• Record excerpts:
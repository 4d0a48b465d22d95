-- ===== src/Examples/Home.antt =====
-- Ada chooses between her two cats, changes her settings and resets her learning.
use cat_game_backend.Base.{ℕ, ◌+◌, ◌≡◌, refl, String, true, false, some, none, List, [], ◌∷◌}
use cat_game_backend.Store.Rows.{Cat, advance_state_version}
use cat_game_backend.Home.{HomeDb, HomeCommand, selecting, showing, tend_all}
use cat_game_backend.Core.Error.{ok}
use cat_game_backend.Home.Settings.{merged}
use cat_game_backend.Learning.Reset.{ResetDb, reset_learning_progress}
use cat_game_backend.Home.Active.{IsTended, tend_all-IsTended}
use cat_game_backend.Examples.{ada, bob}

abbrev home_cat : ℕ → String → Cat
home_cat id key = record {
  id = id;
  public_id = 100 + id;
  catalog_key = key;
  name = key;
  rarity = "common";
}

abbrev homes : HomeDb
homes = record {
  users = ada ∷ bob ∷ [];
  cats = home_cat 21 "white" ∷ home_cat 22 "black" ∷ [];
  assets =
      record { id = 31; user_id = 1; cat_id = some 21; is_home = true }
      ∷ record { id = 32; user_id = 1; cat_id = some 22; is_home = false }
      ∷ [];
}

-- Bob does not own the black cat.
abbrev evening : List HomeCommand
evening =
    selecting 1 "black"
    ∷ selecting 2 "black"
    ∷ showing 1 "black" false
    ∷ showing 1 "white" false
    ∷ []

-- The white cat takes the place of the hidden black one, and stays the active one when it is hidden
-- too.
abbrev after_evening : HomeDb
after_evening = record homes {
  users = record ada { state_version = 4; active_cat_id = some 21 } ∷ bob ∷ [];
  assets =
      record { id = 31; user_id = 1; cat_id = some 21; is_home = false }
      ∷ record { id = 32; user_id = 1; cat_id = some 22; is_home = false }
      ∷ [];
}

evening_runs : tend_all evening homes ≡ after_evening
unfolding tend_all advance_state_version
evening_runs = refl

tend_all-IsTended_example : IsTended (tend_all evening homes)
tend_all-IsTended_example = tend_all-IsTended evening homes (tt, (tt, tt))

-- A known setting keeps its place, and a new one comes last.
settings_merge :
    merged (("music", true) ∷ ("sound", true) ∷ []) (("music", false) ∷ ("night", true) ∷ [])
    ≡ ("music", false) ∷ ("sound", true) ∷ ("night", true) ∷ []
unfolding merged
settings_merge = refl

abbrev learned : ResetDb
learned = record {
  users = ada ∷ bob ∷ [];
  proficiencies =
      record { id = 1; user_id = 1; concept_id = 5; proficiency_level = 40 }
      ∷ record { id = 2; user_id = 2; concept_id = 5; proficiency_level = 60 }
      ∷ [];
  tiers = [];
  attendances =
      record {
        id = 7;
        public_id = 107;
        user_id = 1;
        check_in_date = 8;
        streak_count = 1;
        daily_reward_claimed_at = none;
      }
      ∷ [];
  attendance_tasks =
      record {
        id = 9;
        public_id = 109;
        attendance_id = 7;
        task_id = 3;
        task_order = 1;
        is_completed = true;
      }
      ∷ [];
}

-- Bob's level stays.
ada_resets :
    reset_learning_progress 500 1 learned
    ≡ ok (
      record { reset_at = 500; removed_proficiencies = 1 },
      record learned {
        users = record ada { state_version = 2; learning_reset_at = some 500 } ∷ bob ∷ [];
        proficiencies = record { id = 2; user_id = 2; concept_id = 5; proficiency_level = 60 } ∷ [];
        attendance_tasks =
            record {
              id = 9;
              public_id = 109;
              attendance_id = 7;
              task_id = 3;
              task_order = 1;
              is_completed = false;
            }
            ∷ [];
      },
    )
unfolding reset_learning_progress advance_state_version
ada_resets = refl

• Instructions for the task: Copy out every line of the data in which the word "place" is found.

• Task answer:
-- The white cat takes the place of the hidden black one, and stays the active one when it is hidden
-- A known setting keeps its place, and a new one comes last.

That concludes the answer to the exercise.